The comments I'll offer don't reflect my personal views especially - they're more of an amalgamation of views expressed by experienced swing traders that I've picked up over the years. Traders that fall into that category can wiz through 250 charts in an hour quite comfortably - probably less.

Well I can do 250 charts in an hour and I am getting better at spotting patterns, but out of the 250 there are usually very few with tradeable patterns, and spending an hour looking at 250 charts every day without finding a trade is a bit of a drag, which is why I am looking to find a more effective way of identifying shares exhibiting tradeable patterns. From your comment, it sounds as though you don't do it this way either?

A top down approach where by you assess the main market index - then the sectors and then individual shares - makes a lot of sense. It has other advantages too. If the market is bullish and trending up - only look at sectors doing the same or, if they're all trending up, pick the strongest. Visa versa if the market is trending down. If the market is in choppy rangebound mode, you have the option of simultaneously going short the weakest stock in the weakest sector and long the strongest stock in the strongest sector. Then, if the main market does breakout in favour of one direction, it should take one stock with it, while the other stock resists the move. That's the theory anyway! Just make sure your position size is evenly weighted to ensure that you're not too biased in either direction.

It's good theory and I have read it many times starting years ago with Stan Weinstein who described it as the "wood to the trees" approach.

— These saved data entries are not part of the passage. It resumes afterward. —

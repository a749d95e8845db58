-- ===== src/Collector/Files.antt =====
-- The collector's view of its state file: what `loadPrevious` of internal/collector/collector.go
-- makes of it, and how `Save` of internal/state/store.go acts on a disk as a run's write acts on the
-- state of its world.
use dhcp_lease_observer.Prelude.{
  ◌≡◌, ◌≢◌, ◌∙◌, ◌≤◌, refl, sym, ap, [], ◌∷◌, length, Bool, true, false, Option, none, some, inl,
  inr, Result, ok, err, Result-cases,
}
use mathlib.Core.List.{append-nil}
use dhcp_lease_observer.Text.{Bytes}
use dhcp_lease_observer.Files.{Disk}
use dhcp_lease_observer.AtomicFile.{Calls, Exit, done, failed, stopped, file_of, write}
use dhcp_lease_observer.AtomicFile.Limit.{join}
use dhcp_lease_observer.AtomicFile.Atomic.{Target, same, whole, write-IsAtomic}
use dhcp_lease_observer.SafeFile.{OpenCalls, not_exist}
use dhcp_lease_observer.State.{Snapshot, validate}
use dhcp_lease_observer.State.Store.{
  Codec, LoadError, open_error, load, max_state_bytes, state_callback, SaveExit, written, save,
}
use dhcp_lease_observer.State.Store.Kept.{IsReadable, load_same, load_whole}
use dhcp_lease_observer.Collector.{
  Loaded, absent, unreadable, found, WriteOutcome, replaced, unchanged, replaced_unsynced,
  write_file, Env, World, save_state,
}

-- `loadPrevious`, from what `Load` gives.
abbrev pub loaded : Result LoadError Snapshot → Loaded
loaded (ok s) = found s
loaded (err (open_error not_exist)) = absent
loaded (err _) = unreadable

unfoldable pub load_previous : Codec → OpenCalls → Bytes → Disk → Loaded
load_previous codec calls path disk = loaded (load codec calls path disk)

-- The state file of a world, as a run loads it.
abbrev pub stored : Option Snapshot → Loaded
stored none = absent
stored (some s) = found s

abbrev pub saves : SaveExit → Bool
saves (written done) = true
saves _ = false

-- A run's write of the state with the outcome `o` has the result of `Save`, and leaves the state that
-- `loadPrevious` finds on the disk behind it.
pub record Simulates (codec : Codec) (opened : OpenCalls) (path : Bytes) (env : Env) (s : Snapshot)
    (w : World) (out : SaveExit × Disk) (o : WriteOutcome) : Type 0 where
  pub result : (save_state (record env { state_write = o }) s w).0 ≡ saves out.0
  pub file :
      load_previous codec opened path out.1
      ≡ stored (save_state (record env { state_write = o }) s w).1.store

module _ (codec : Codec) (calls : Calls) (opened : OpenCalls) (path : Bytes) (s : Snapshot)
    (disk : Disk) (r : IsReadable codec calls opened path s disk) (env : Env) (w : World)
    (holds : load_previous codec opened path disk ≡ stored w.store) where
  abbrev Outcome : SaveExit × Disk → Type 0
  Outcome out = (o : WriteOutcome) × Simulates codec opened path env s w out o

  -- The run's write of a valid state, with an outcome.
  save_state-valid :
      (o : WriteOutcome)
      → validate s ≡ ok tt
      → save_state (record env { state_write = o }) s w
        ≡ ((write_file o s w.store).0, (record w { store = (write_file o s w.store).1 }))
  unfolding save_state
  save_state-valid o v = rw (v, save_state) refl

  loads_saved :
      (d : Disk)
      → validate s ≡ ok tt
      → d path ≡ some (file_of 384 (join (r.text ∷ [])))
      → length (join (r.text ∷ [])) ≤ max_state_bytes
      → loaded (load codec opened path d) ≡ found s
  loads_saved d v h l = ap loaded (
      load_whole codec calls opened path s disk r d (rw⁻¹ (append-nil r.text) h)
        (rw (append-nil r.text) at l) v)

  save_state-Outcome :
      (out : Exit × Disk)
      → validate s ≡ ok tt
      → Target calls path 384 max_state_bytes (state_callback (some r.text)) disk out
      → out.0 ≢ stopped
      → Outcome (written out.0, out.1)
  unfolding load_previous
  save_state-Outcome (done, d) v (same h n) g = absurd (n refl)
  save_state-Outcome (failed e, d) v (same h n) g = (
    unchanged,
    record {
      result = ap (λ x. x.0) (save_state-valid unchanged v);
      file =
          ap loaded (load_same codec calls opened path s disk r d h)
          ∙ holds
          ∙ sym (ap (λ x. stored x.1.store) (save_state-valid unchanged v));
    },
  )
  save_state-Outcome (done, d) v (whole h l k) g = (
    replaced,
    record {
      result = ap (λ x. x.0) (save_state-valid replaced v);
      file = loads_saved d v h l ∙ sym (ap (λ x. stored x.1.store) (save_state-valid replaced v));
    },
  )
  save_state-Outcome (failed e, d) v (whole h l k) g = (
    replaced_unsynced,
    record {
      result = ap (λ x. x.0) (save_state-valid replaced_unsynced v);
      file =
          loads_saved d v h l
          ∙ sym (ap (λ x. stored x.1.store) (save_state-valid replaced_unsynced v));
    },
  )
  save_state-Outcome (stopped, d) v t g = absurd (g refl)

  -- With a named path, a temporary name that is free and not the path's, a codec that reads back what
  -- it writes of this state, a system that lets files be opened and read, and a state file in which
  -- `loadPrevious` finds just what a run's world has: if the process survives `Save`, the run's write
  -- of the state, with one of its outcomes, succeeds just when `Save` does, and `loadPrevious` then
  -- finds in the file just what the world has behind that write.
  pub save-save_state :
      (save codec calls path s disk).0 ≢ written stopped → Outcome (save codec calls path s disk)
  unfolding save save_state
  save-save_state survives = elim (Result-cases (validate s)) [
    | inr (e, v) ↦
        rw (v, save)
          (unchanged, record { result = rw (v, save_state) refl; file = rw (v, save_state) holds })
    | inl (u, v) ↦
        rw (v, r.encoded, save)
          (save_state-Outcome
            (write calls path 384 max_state_bytes (state_callback (some r.text)) disk) v
            (write-IsAtomic calls path 384 max_state_bytes _ disk r.apart r.fresh).target
            (λ k. (rw (v, r.encoded, save) at survives) (ap written k)))
  ]
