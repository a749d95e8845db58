-- ===== src/Collector/Source.antt =====
-- The SSH transport as the collector's source: what classifyError and the collector read of the
-- transport's errors and bodies.
use dhcp_lease_observer.Prelude.{Option, none, some, Result, ok, err}
use dhcp_lease_observer.Transport.{error_text}
use dhcp_lease_observer.Transport.Dial.{
  CallError, session_failure, transport_error, plain_error, nil_failure,
}
use dhcp_lease_observer.Transport.Collect.{Bodies}
use dhcp_lease_observer.Collector
use dhcp_lease_observer.Collector.{CollectError, CommandBodies}

-- A transport error is seen by its kind. No collection returns `nil_failure`.
unfoldable pub collect_error : CallError → CollectError
collect_error (session_failure f) = Collector.session_error f
collect_error (transport_error e) = Collector.transport_error (error_text e.kind) e.retryable
collect_error (plain_error e) = Collector.other_error
collect_error nil_failure = Collector.other_error

abbrev pub arp_error : Option CallError → Option CollectError
arp_error none = none
arp_error (some e) = some (collect_error e)

abbrev pub command_bodies : Bodies → CommandBodies
command_bodies b = record {
  lease_observed_at = b.lease_observed_at;
  lease = b.lease;
  arp = b.arp;
  arp_failure = arp_error b.arp_failure;
}

abbrev pub source_result : Result CallError Bodies → Result CollectError CommandBodies
source_result (ok b) = ok (command_bodies b)
source_result (err e) = err (collect_error e)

But having tried it I am not sure it is the best way to go. Even in a weak sector there can be a strong share with a rapidly rising share price that would make a good trade, but if you just look at the performance of the sector, that share's performance can be hidden by the mediocre performance of all the other shares in the sector. And again it sounds as if you don't do this either?

I appreciate your comments and please don't take this the wrong way, but I am looking for more practical suggestions as to what actually works in practice rather than more theory.